● Your objective
Among the entries below, determine how many lines contain the word "unfolding" and state only that figure.
-- Opening Marker --
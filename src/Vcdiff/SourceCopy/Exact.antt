-- ===== src/Vcdiff/SourceCopy/Exact.antt =====
-- `read_source_exact` gives the next bytes of the source, whatever pieces the source gives out.
use rust_crates.Prelude.{
  ℕ, zero, suc, ◌+◌, ◌-◌, ◌≤◌, ◌<◌, ◌≡◌, refl, sym, ap, ap₂, ◌∙◌, subst, Option, List, [], ◌∷◌,
  ◌++◌, arith,
}
use rust_crates.Prelude.{
  IsU64, length, take, drop, length-take, length-drop, drop-drop, take-take-drop,
}
use rust_crates.Vcdiff.Error.{ok, ByteRange}
use rust_crates.Vcdiff.Stream.{Stream, ReadsBytes, done}
use rust_crates.Vcdiff.SourceCopy.{read_source_exact}

nonempty : (l : List ℕ) → 0 < length l → (b : ℕ) × (rest : List ℕ) × (l ≡ b ∷ rest)
nonempty [] h = absurd (omega arith)
nonempty (b ∷ rest) h = (b, rest, refl)

module _ {S : Stream} (source_law : ReadsBytes S) where
  -- The source holds `content` and stands at `at`.
  pub record Standing (content : List ℕ) (at : ℕ) (source : S.State) : Type 0 where
    pub holds : source_law.bytes source ≡ content
    pub stands : source_law.position source ≡ at

  pub read_source_exact_lem :
      (fuel wanted at : ℕ) (content : List ℕ) (range : ByteRange) (window : Option ℕ)
      (source : S.State)
      → wanted ≤ fuel
      → Standing content at source
      → at + wanted ≤ length content
      → IsU64 (length content)
      → (source' : S.State) × (read_source_exact S fuel wanted range window source
          ≡ ok (take wanted (drop at content), source'))
        × Standing content (at + wanted) source'
  unfolding read_source_exact
  read_source_exact_lem fuel zero at content range window source f s h u =
      let e : at ≡ at + 0 = omega arith in
      (source, refl, subst (λ (n : ℕ). Standing content n source) e s)
  read_source_exact_lem zero (suc wanted) at content range window source f s h u =
      absurd (omega arith)
  read_source_exact_lem (suc fuel) (suc wanted) at content range window source f s h u =
      let k : ℕ = source_law.read_count (suc wanted) source in
      let next : S.State = source_law.read_next (suc wanted) source in
      let positive : 0 < k =
        source_law.read_some (suc wanted) source (omega arith)
          (rw s.holds (omega (arith, s.stands))) in
      let fits : k ≤ suc wanted = source_law.read_fits (suc wanted) source in
      let size : length (take k (drop at content)) ≡ k =
        omega (arith, length-take k (drop at content), length-drop at content) in
      let (b, bs, shape) = nonempty (take k (drop at content)) (omega arith) in
      let gives : S.read (suc wanted) source ≡ (done (b ∷ bs), next) =
        source_law.read_gives (suc wanted) source tt (rw s.holds (omega (arith, s.stands)))
          (rw s.holds u)
        ∙ (λ j. (done (take k (drop (s.stands j) (s.holds j))), next))
        ∙ (λ j. (done (shape j), next)) in
      let count : suc (length bs) ≡ k = sym (ap (λ (l : List ℕ). length l) shape) ∙ size in
      let rest : ℕ = suc wanted - suc (length bs) in
      let (source', e', s') =
        read_source_exact_lem fuel rest (at + k) content range window next (omega arith)
          (record {
            holds = source_law.read_keeps (suc wanted) source ∙ s.holds;
            stands = omega (arith, source_law.read_moves (suc wanted) source, s.stands);
          })
          (omega arith) u in
      let sum : k + rest ≡ suc wanted = omega arith in
      let ends : at + k + rest ≡ at + suc wanted = omega arith in
      let whole : (b ∷ bs) ++ take rest (drop (at + k) content)
          ≡ take (suc wanted) (drop at content) =
        ap₂ (λ (x y : List ℕ). x ++ take rest y) (sym shape) (sym (drop-drop at k content))
        ∙ take-take-drop k rest (drop at content)
        ∙ ap (λ (n : ℕ). take n (drop at content)) sum in
      (
        source',
        rw (gives, e') (λ j. ok (whole j, source')),
        subst (λ (n : ℕ). Standing content n source') ends s',
      )
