-- ===== src/Vcdiff/SourceCopy/Copied.antt =====
-- `copy_from_source` appends a range of the source.
use rust_crates.Prelude.{
  ℕ, zero, suc, ◌+◌, ◌-◌, ◌≤◌, ◌≡◌, refl, sym, ap, ◌∙◌, subst, List, ◌++◌, arith, true, append-nil,
  min,
}
use rust_crates.Prelude.{
  IsU64, IsByte, All, length, take, drop, length-take, length-drop, length-append, drop-drop,
  take-take, take-take-drop, ltb, lt→ltb, ==_iff,
}
use rust_crates.Vcdiff.Error.{ok, ByteRange, DecodeContext}
use rust_crates.Vcdiff.Stream.{Stream, ReadsBytes, WritesBytes}
use rust_crates.Vcdiff.Adler.Sums.{IsByte-take, IsByte-drop}
use rust_crates.Vcdiff.Target.{TargetWriter, io_buffer_size, emit_scratch}
use rust_crates.Vcdiff.Target.Emit.{Holds, emit_lem}
use rust_crates.Vcdiff.Target.Run.{Extended, Extended-joined}
use rust_crates.Vcdiff.SourceCopy.{source_loop, after_source_seek, copy_from_source}
use rust_crates.Vcdiff.SourceCopy.Exact.{Standing, read_source_exact_lem}

module _ {S T : Stream} (source_law : ReadsBytes S) (law : WritesBytes T) where
  source_loop_lem :
      (rounds fuel start copied left : ℕ) (content out win : List ℕ) (context : DecodeContext)
      (source : S.State) (w : TargetWriter T)
      → left ≤ rounds
      → io_buffer_size ≤ fuel
      → Standing source_law content (start + copied) source
      → All IsByte content
      → start + copied + left ≤ length content
      → IsU64 (length content)
      → Holds law out win w
      → IsU64 (length out + left)
      → (source' : S.State) × (w' : TargetWriter T) × (source_loop S rounds fuel start copied left
            context source w
          ≡ ok (source', w'))
        × (source_law.bytes source' ≡ content)
        × Extended law
            (out ++ take left (drop (start + copied) content))
            (win ++ take left (drop (start + copied) content))
            w
            w'
  unfolding source_loop emit_scratch
  source_loop_lem rounds fuel start copied zero content out win context source w r f st b inside u h
        s =
      (
        source,
        w,
        refl,
        st.holds,
        rw (append-nil out, append-nil win) (record { holds = h; window_kept = refl }),
      )
  source_loop_lem zero fuel start copied (suc left) content out win context source w r f st b inside
        u h s =
      absurd (omega arith)
  source_loop_lem (suc rounds) fuel start copied (suc left) content out win context source w r f st
        b inside u h s =
      let count : ℕ = min (suc left) io_buffer_size in
      let at : ℕ = start + copied in
      let chunk : List ℕ = take count (drop at content) in
      let rest : ℕ = suc left - count in
      let small : ltb count 0x1_0000_0000_0000_0000 ≡ true = lt→ltb _ _ (omega arith) in
      let fits : ltb (start + copied) 0x1_0000_0000_0000_0000 ≡ true = lt→ltb _ _ (omega arith) in
      let fits' : ltb (copied + count) 0x1_0000_0000_0000_0000 ≡ true = lt→ltb _ _ (omega arith) in
      let size : length chunk ≡ count =
        omega (arith, length-take count (drop at content), length-drop at content) in
      let range : ByteRange = record { start = at; len = count } in
      let (source1, e, st1) =
        read_source_exact_lem source_law fuel count at content range w.window source (omega arith)
          st (omega arith) u in
      let w1 : TargetWriter T = record w { scratch = chunk } in
      let h1 : Holds law out win w1 = record {
        writing = record {
          sized = h.writing.sized;
          len_known = h.writing.len_known;
          content = h.writing.content;
          at_end = h.writing.at_end;
          stands = h.writing.stands;
          pending_small = h.writing.pending_small;
        };
        summed = h.summed;
        bytes_small = h.bytes_small;
      } in
      let same : take count chunk ≡ chunk = take-take count count (drop at content) (omega arith) in
      let (m, e1, q) =
        emit_lem law fuel chunk out win context w1 f h1
          (IsByte-take count (drop at content) (IsByte-drop at content b)) (omega (arith, size)) in
      let moved : start + (copied + count) ≡ at + count = omega arith in
      let (source', w', e2, kept, x) =
        source_loop_lem rounds fuel start (copied + count) rest content (out ++ chunk)
          (win ++ chunk) context source1 m (omega arith) f
          (subst (λ (n : ℕ). Standing source_law content n source1) (sym moved) st1) b (omega arith)
          u q.holds (omega (arith, length-append out chunk, size)) in
      let sum : count + rest ≡ suc left = omega arith in
      let whole : chunk ++ take rest (drop (start + (copied + count)) content)
          ≡ take (suc left) (drop at content) =
        ap (λ (k : ℕ). chunk ++ take rest (drop k content)) moved
        ∙ ap (λ (l : List ℕ). chunk ++ take rest l) (sym (drop-drop at count content))
        ∙ take-take-drop count rest (drop at content)
        ∙ ap (λ (n : ℕ). take n (drop at content)) sum in
      (
        source',
        w',
        rw (small, fits, e, same, e1, fits', e2),
        kept,
        Extended-joined law chunk (take rest (drop (start + (copied + count)) content))
            (take (suc left) (drop at content)) out win whole
            (record { holds = x.holds; window_kept = x.window_kept ∙ q.window_kept }),
      )

  -- `copy_from_source` always succeeds on a range of the source, while the output stays below 2^64
  -- bytes: it appends exactly the bytes of that range, whatever pieces the source gives out, and the
  -- source keeps its bytes.
  -- The streams keep the promises of the traits, and the fuel is no less than the I/O buffer.
  pub copy_from_source_lem :
      (fuel start size : ℕ) (content out win : List ℕ) (context : DecodeContext) (source : S.State)
      (w : TargetWriter T)
      → io_buffer_size ≤ fuel
      → source_law.bytes source ≡ content
      → All IsByte content
      → start + size ≤ length content
      → IsU64 (length content)
      → Holds law out win w
      → IsU64 (length out + size)
      → (source' : S.State) × (w' : TargetWriter T) × (copy_from_source S fuel start size context
            source w
          ≡ ok (source', w'))
        × (source_law.bytes source' ≡ content)
        × Extended law
            (out ++ take size (drop start content))
            (win ++ take size (drop start content))
            w
            w'
  unfolding copy_from_source after_source_seek
  copy_from_source_lem fuel start size content out win context source w f c b inside u h s =
      let w0 : TargetWriter T = record w { context = context } in
      let h0 : Holds law out win w0 = record {
        writing = record {
          sized = h.writing.sized;
          len_known = h.writing.len_known;
          content = h.writing.content;
          at_end = h.writing.at_end;
          stands = h.writing.stands;
          pending_small = h.writing.pending_small;
        };
        summed = h.summed;
        bytes_small = h.bytes_small;
      } in
      let next : S.State = source_law.seek_next start source in
      let at : start + 0 ≡ start = omega arith in
      let (source', w', e, kept, x) =
        source_loop_lem size fuel start 0 size content out win context next w0 (omega arith) f
          (record {
            holds = source_law.seek_keeps start source ∙ c;
            stands = source_law.seek_moves start source ∙ sym at;
          })
          b (omega arith) u h0 s in
      (
        source',
        w',
        rw (source_law.seek_gives start source tt, (==_iff start start).1 refl, e),
        kept,
        subst
            (λ (k : ℕ).
              Extended law (out ++ take size (drop k content)) (win ++ take size (drop k content)) w
                w')
            at (record { holds = x.holds; window_kept = x.window_kept }),
      )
-- Closing Marker --
● Output for this task
3